一方で、コスト削減=品質低下ではありません
ここで重要になるのがVE(バリューエンジニアリング)の考え方です。
VEとは単なる「コストカット」ではなく、製品やサービスが果たすべき機能とそれにかけるコストのバランスを科学的に見直し、必要な機能は維持・向上しつつ無駄なコストを削減する体系的な手法です。例えば「この機能は本当に必要か?他の方法で安く実現できないか?」といった問いを重ね、価値=機能÷コストを最大化することが目的です。VEを導入すれば、一時的なコストダウンに留まらず企業のものづくり体質を改善し、継続的な成長を支えることも可能になります(つまり短期的利益と長期的競争力の両立が図れるのです)。
こうしたVEの取り組みは、結果として製品の競争力強化や利益率の向上に直結します。

要するに、利益を最大化するためには、「過剰なコストを見直して価値を高める」ことが必要不可欠です。そのためのアプローチがVEであり、現場改善や設計段階からのコストダウン活動なのです。特に中小企業では、大企業のように潤沢な利益率を持たないことも多いでしょう。少しのムダを省くだけでも利益に大きなインパクトがありますから、VE的視点で日頃から原価低減を意識することが重要です。

原価低減の手段としてのB型事業所の活用

では、具体的にどんな方法で原価を下げるかを考えたとき、自社内の効率化や安価な資材調達だけでは限界があります。そこで注目したいのが、障がい者支援施設である「就労継続支援B型事業所」の活用です。B型事業所とは、障がいや体調の理由で一般企業での就労が難しい方に働く機会と訓練の場を提供する福祉サービス施設です。利用者は雇用契約を結ばず、施設で軽作業や内職的な仕事を行い、その成果に応じた「工賃」という報酬を受け取ります。ポイントは、この工賃が労働の対価ではなく訓練の成果に対する謝礼という位置づけのため最低賃金の適用外であり、金額も一般的な給与より低水準になっていることです。つまり企業側から見ると、業務を外部委託する際の単価を大幅に抑えられる可能性があります。

具体的な例を挙げましょう。
一般企業でスタッフを雇って行っている定型的な軽作業(例:製品の検品・仕分け、シール貼り、データ入力など)をB型事業所にアウトソーシングした場合のコストを試算したデータがあります。それによると、社内で正社員やパートを使っていた場合に比べ、B型事業所に委託することで月あたり約72%ものコスト削減が実現できたというモデルケースがあります。社内人件費や残業代、教育研修コスト、作業スペース費用など諸々含めて月73万円かかっていたものが、B型事業所への委託では約20万円で済んだという試算です。もちろん業務内容や契約条件によって差はありますが、「大幅なコストダウンと一定の品質確保を両立できる」可能性が示されています。

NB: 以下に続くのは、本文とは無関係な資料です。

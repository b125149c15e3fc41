-- ===== src/Schedule/Order.antt =====
-- The order of the kernels: the fields `kernel_pending` and `ready` of the scheduler in
-- src/schedule/scheduler/memory_aware.rs, and what its methods do to them. `ready` is a set, of
-- which the order of the list says nothing.
pub mod Advance
pub mod Topological
pub mod Runs
pub mod Outcome
pub mod Pick
mod Tests
use my_nn_engine.Prelude.{
  ℕ, zero, suc, ◌-◌, ◌≡◌, Bool, true, false, List, [], ◌∷◌, Option, none, some, ◌>>=◌, get_elem?,
  set, length, map, ◌==◌, if◌then◌else◌,
}
use my_nn_engine.Schedule.Ir.{KernelId}
use my_nn_engine.Schedule.Kernels.{contains}
use my_nn_engine.Schedule.Deps.{Deps}

pub record Order : Type 0 where
  pub kernel_pending : List ℕ
  pub ready : List KernelId

-- The kernels, from `kid` on, for which nothing is pending.
unfoldable pub zeros_from : KernelId → List ℕ → List KernelId
zeros_from kid [] = []
zeros_from kid (count ∷ pending) =
    if count == 0 then kid ∷ zeros_from (suc kid) pending else zeros_from (suc kid) pending

-- What `Scheduler::new` sets the fields to.
unfoldable pub start : Deps → Order
unfolding zeros_from
start deps =
    let pending = map length deps.kernel_preds in
    record { kernel_pending = pending; ready = zeros_from 0 pending }

abbrev pub insert : KernelId → List KernelId → List KernelId
insert kid ready = if contains ready kid then ready else kid ∷ ready

abbrev pub remove : KernelId → List KernelId → List KernelId
remove kid [] = []
remove kid (k ∷ ready) = if k == kid then remove kid ready else k ∷ remove kid ready

-- The last loop of `schedule_kernel`; a count below 0 is a panic.
unfoldable pub advance : List KernelId → Order → Option Order
advance [] order = some order
advance (cons ∷ consumers) order = do
  count ← get_elem? order.kernel_pending cons
  if count == 0
      then none
      else advance consumers (record {
        kernel_pending = set order.kernel_pending cons (count - 1);
        ready = if count == 1 then insert cons order.ready else order.ready;
      })

-- One round of `run`, as far as the two fields go, for the kernel that was picked.
unfoldable pub round : Deps → KernelId → Order → Option Order
round deps kid order = do
  consumers ← get_elem? deps.kernel_consumers kid
  advance consumers (record order { ready = remove kid order.ready })

-- The rounds of a run: the kernels scheduled so far, the last one first. Which of the ready kernels
-- is picked is left open.
pub data Run (deps : Deps) : List KernelId → Order → Type 0 where
  begin : Run deps [] (start deps)
  next :
      {done : List KernelId} {order after : Order} (kid : KernelId)
      → Run deps done order
      → contains order.ready kid ≡ true
      → round deps kid order ≡ some after
      → Run deps (kid ∷ done) after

さらに、この方法には企業イメージ向上やCSR(企業の社会的責任)推進という副次的なメリットもあります。障がい者支援施設に仕事を発注することは、単なる外注ではなく社会貢献活動として評価される側面があります。実際、「福祉事業所での訓練を兼ねた業務なので、他社や個人に外注するより大幅なコストダウンができる上に、社会貢献にもつながる」という趣旨の案内をしている支援事業所もあります。
つまりコスト削減と社会貢献の両立が図れる点で、B型事業所への業務委託は中小企業にとって魅力的な選択肢なのです。

御津電子の具体的な取り組みと連携事例

LUMO岡山東山店
御津電子グループ 就労継続支援B型事業所Lumo岡山東区店

私たち御津電子グループでも、まさにこのB型事業所の活用に取り組んでいます。当社は2025年に岡山市東区に就労継続支援B型事業所「Lumo(ルモ)岡山東区店」を新規開設しました。これは当社グループ内の福祉事業会社で、障がいのある方々にPC入力やものづくり作業、ゲーム配信など多様な業務を提供する施設です。ものづくり企業である当社のノウハウを活かし、「障がい者と社会をつなぐ」ことを使命として設立した施設で、地域の社会課題(障がい者の就労機会不足)に貢献したいという思いが出発点にあります。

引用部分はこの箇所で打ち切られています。